- _What is expected_: Report every line of the listing below in which the string "identifier" appears.

○ ○ ○ ○ ○

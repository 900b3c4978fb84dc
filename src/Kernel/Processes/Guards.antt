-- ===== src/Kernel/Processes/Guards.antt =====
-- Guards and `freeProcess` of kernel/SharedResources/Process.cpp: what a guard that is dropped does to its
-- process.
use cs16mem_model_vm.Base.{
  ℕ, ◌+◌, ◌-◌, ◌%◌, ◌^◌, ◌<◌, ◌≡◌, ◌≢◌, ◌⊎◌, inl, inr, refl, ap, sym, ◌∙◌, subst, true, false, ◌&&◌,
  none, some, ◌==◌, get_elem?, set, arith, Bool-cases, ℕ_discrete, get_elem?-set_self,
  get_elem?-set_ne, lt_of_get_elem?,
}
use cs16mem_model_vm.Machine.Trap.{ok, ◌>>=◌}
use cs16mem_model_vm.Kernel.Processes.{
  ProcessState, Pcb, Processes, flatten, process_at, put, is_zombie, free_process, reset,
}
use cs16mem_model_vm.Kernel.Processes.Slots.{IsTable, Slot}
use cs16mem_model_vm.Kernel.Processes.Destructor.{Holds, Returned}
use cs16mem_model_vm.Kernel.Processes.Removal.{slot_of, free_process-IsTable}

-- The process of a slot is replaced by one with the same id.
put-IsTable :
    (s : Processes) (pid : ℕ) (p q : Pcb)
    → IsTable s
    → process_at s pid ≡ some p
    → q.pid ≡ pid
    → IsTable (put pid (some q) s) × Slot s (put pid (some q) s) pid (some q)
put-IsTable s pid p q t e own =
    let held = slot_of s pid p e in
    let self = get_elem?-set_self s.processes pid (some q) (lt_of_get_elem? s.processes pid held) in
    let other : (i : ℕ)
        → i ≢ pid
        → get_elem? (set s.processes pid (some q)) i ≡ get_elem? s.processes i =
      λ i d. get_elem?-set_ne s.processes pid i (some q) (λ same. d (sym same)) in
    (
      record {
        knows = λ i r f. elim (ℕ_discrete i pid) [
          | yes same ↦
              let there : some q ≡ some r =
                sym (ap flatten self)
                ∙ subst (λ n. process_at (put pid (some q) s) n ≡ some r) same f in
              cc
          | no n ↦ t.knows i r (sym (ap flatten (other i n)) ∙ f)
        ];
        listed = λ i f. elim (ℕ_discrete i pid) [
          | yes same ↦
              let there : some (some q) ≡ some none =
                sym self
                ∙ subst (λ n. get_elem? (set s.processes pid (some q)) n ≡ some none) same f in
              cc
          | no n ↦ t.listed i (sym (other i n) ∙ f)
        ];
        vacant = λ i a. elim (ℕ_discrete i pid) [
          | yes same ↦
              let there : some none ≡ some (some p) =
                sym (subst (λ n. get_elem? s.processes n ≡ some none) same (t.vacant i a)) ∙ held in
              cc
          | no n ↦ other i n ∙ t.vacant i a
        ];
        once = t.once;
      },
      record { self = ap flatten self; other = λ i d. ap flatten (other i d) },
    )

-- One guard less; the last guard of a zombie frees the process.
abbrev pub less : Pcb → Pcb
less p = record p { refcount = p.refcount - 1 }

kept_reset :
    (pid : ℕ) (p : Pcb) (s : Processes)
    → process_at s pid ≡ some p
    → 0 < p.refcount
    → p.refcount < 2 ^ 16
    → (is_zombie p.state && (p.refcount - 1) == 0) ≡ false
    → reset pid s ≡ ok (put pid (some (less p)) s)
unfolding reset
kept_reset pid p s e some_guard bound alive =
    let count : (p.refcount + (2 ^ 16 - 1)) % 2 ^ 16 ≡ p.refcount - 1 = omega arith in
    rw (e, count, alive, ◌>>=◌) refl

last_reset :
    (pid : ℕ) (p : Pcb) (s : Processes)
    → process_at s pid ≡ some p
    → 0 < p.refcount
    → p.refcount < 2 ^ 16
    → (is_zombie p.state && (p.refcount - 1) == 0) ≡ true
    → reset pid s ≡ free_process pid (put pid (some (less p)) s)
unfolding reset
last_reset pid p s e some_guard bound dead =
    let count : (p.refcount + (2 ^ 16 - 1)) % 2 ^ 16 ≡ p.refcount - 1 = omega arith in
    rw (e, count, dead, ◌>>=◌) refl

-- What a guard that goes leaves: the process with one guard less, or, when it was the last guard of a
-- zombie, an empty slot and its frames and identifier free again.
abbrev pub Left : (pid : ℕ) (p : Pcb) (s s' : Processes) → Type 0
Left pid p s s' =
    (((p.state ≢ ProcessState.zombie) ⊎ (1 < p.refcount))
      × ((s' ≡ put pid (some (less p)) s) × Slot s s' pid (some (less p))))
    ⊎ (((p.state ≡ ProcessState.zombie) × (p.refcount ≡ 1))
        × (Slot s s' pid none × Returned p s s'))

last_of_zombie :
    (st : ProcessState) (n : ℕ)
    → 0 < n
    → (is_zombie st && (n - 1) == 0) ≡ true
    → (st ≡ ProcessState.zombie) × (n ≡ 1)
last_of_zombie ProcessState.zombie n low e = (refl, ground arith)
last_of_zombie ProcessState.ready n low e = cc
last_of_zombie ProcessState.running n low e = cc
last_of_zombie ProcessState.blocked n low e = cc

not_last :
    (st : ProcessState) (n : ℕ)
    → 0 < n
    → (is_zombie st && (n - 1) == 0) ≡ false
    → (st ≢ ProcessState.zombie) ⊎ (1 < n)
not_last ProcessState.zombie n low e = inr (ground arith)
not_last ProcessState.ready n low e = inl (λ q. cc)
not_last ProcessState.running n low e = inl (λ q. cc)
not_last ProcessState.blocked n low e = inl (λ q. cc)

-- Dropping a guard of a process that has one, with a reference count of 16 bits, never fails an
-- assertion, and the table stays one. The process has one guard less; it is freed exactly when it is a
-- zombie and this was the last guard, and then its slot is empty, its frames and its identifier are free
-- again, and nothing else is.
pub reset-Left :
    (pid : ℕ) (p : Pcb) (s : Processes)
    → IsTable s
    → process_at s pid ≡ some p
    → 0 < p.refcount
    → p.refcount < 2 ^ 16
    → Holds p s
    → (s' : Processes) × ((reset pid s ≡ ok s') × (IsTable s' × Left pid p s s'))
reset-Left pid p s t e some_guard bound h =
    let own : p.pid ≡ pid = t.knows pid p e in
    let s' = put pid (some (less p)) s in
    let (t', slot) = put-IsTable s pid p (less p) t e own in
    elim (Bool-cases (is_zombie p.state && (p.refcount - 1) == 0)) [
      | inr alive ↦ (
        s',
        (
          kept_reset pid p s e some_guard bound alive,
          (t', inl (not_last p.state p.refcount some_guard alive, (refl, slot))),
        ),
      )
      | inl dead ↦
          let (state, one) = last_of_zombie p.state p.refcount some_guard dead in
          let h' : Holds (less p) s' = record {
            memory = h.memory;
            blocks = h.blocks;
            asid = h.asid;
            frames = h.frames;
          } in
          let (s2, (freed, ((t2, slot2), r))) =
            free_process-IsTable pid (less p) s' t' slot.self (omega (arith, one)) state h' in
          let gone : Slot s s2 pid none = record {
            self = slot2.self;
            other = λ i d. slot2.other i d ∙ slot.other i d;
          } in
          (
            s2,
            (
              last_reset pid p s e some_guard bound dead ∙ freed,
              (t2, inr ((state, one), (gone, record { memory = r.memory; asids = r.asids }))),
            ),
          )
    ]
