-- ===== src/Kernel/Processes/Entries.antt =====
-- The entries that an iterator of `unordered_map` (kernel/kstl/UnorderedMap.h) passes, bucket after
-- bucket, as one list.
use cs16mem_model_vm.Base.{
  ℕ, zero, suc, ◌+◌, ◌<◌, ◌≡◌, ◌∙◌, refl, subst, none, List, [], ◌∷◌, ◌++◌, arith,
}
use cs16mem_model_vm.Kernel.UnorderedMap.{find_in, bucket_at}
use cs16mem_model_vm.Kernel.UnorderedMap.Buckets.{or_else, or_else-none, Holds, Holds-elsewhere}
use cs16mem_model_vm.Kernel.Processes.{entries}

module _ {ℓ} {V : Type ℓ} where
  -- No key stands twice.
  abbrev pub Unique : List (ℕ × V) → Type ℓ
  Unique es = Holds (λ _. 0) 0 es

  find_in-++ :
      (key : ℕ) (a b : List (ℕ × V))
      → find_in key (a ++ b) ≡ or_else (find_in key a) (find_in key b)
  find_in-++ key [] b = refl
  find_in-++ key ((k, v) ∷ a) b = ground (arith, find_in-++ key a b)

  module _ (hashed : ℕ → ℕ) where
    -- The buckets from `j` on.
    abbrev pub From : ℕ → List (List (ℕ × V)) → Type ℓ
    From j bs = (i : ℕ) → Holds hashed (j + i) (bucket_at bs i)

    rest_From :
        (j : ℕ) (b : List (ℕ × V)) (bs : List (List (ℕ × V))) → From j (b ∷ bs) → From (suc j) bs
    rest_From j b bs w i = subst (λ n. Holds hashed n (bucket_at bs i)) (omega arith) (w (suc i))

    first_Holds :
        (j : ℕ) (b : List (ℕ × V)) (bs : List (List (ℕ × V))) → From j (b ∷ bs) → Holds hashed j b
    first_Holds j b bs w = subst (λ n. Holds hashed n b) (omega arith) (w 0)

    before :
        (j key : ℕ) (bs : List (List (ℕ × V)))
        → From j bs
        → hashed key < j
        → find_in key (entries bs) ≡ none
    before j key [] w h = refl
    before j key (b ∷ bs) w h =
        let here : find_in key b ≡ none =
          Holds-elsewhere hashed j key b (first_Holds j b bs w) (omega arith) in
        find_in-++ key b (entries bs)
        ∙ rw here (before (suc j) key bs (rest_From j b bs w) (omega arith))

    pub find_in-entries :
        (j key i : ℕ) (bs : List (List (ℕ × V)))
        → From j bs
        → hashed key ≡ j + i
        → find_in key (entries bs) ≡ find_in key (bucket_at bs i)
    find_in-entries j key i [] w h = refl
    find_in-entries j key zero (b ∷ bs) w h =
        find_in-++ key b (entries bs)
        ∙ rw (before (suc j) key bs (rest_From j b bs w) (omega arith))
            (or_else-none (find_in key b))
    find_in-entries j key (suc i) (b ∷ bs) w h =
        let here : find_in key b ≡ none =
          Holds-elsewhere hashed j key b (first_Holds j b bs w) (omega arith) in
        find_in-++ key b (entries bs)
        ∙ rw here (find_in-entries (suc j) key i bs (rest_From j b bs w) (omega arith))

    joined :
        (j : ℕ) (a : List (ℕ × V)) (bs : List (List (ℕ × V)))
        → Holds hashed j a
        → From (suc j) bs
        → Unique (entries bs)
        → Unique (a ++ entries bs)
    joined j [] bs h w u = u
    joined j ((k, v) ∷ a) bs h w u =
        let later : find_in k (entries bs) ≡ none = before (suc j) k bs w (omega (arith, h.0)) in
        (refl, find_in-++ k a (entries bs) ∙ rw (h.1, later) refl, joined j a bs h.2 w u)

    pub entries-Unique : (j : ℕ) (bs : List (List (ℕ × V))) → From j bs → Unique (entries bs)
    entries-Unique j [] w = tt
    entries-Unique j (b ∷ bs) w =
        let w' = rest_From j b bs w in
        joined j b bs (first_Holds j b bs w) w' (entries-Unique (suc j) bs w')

○ ○ ○ ○ ○

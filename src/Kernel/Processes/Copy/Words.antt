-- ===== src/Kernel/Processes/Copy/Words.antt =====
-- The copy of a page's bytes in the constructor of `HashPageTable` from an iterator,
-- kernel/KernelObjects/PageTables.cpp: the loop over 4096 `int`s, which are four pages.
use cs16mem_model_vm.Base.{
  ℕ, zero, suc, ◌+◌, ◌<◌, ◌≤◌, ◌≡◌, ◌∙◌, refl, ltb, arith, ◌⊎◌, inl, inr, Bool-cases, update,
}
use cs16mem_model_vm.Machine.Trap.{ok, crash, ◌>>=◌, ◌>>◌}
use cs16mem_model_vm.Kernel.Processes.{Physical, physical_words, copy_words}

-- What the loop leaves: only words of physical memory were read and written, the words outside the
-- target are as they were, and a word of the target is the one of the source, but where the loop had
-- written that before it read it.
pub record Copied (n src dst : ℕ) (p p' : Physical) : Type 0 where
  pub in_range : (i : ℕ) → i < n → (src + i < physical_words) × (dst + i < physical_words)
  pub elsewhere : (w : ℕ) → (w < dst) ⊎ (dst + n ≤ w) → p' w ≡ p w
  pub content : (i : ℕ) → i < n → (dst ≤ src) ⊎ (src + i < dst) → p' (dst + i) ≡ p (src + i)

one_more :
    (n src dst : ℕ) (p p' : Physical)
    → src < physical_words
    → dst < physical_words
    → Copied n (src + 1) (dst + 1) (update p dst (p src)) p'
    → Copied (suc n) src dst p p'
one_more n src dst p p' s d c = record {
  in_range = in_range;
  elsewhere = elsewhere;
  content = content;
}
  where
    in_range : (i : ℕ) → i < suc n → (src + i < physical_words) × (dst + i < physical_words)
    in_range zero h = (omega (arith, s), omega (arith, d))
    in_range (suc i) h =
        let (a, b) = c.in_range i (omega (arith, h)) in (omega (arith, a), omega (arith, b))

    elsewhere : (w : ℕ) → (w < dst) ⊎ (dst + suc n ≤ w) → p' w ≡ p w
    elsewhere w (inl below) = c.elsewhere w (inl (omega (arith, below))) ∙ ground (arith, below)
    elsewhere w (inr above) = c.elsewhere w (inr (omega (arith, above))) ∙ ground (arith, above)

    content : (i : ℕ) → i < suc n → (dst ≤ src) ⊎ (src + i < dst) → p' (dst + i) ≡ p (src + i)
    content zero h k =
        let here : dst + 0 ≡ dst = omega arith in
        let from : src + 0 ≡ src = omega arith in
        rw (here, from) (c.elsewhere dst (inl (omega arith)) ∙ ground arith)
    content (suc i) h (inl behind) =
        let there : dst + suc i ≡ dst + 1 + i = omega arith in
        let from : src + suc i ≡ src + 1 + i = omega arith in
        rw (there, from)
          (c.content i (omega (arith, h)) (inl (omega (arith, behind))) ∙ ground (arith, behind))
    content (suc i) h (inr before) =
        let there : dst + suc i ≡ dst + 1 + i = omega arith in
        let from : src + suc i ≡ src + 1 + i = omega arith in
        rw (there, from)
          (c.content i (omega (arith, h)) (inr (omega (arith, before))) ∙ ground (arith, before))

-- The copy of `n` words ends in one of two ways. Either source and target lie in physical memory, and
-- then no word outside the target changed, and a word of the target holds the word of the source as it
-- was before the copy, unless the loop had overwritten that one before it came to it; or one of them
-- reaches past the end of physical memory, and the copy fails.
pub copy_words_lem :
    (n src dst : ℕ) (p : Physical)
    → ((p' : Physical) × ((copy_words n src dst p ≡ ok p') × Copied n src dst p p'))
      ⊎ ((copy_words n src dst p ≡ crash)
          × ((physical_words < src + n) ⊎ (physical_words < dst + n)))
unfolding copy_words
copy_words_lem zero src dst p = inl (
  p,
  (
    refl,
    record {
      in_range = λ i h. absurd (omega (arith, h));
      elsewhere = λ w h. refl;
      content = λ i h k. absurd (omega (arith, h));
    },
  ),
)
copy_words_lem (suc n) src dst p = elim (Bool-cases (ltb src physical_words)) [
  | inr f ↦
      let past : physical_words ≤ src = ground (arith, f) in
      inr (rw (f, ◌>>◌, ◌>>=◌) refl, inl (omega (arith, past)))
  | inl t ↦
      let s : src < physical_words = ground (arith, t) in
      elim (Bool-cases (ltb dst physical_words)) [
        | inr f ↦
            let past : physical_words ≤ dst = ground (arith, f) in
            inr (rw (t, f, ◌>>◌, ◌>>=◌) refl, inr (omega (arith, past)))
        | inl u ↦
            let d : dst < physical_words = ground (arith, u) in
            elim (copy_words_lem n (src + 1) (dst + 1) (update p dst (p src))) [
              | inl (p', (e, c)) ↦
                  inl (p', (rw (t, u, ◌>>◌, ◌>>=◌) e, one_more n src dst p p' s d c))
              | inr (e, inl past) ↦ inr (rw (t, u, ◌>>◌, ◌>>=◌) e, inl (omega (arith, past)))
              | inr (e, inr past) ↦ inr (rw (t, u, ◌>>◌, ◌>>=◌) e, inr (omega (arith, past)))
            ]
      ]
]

○ ○ ○ ○ ○

- _Result of the exercise_:
-- zombie, an empty slot and its frames and identifier free again.
-- zombie and this was the last guard, and then its slot is empty, its frames and its identifier are free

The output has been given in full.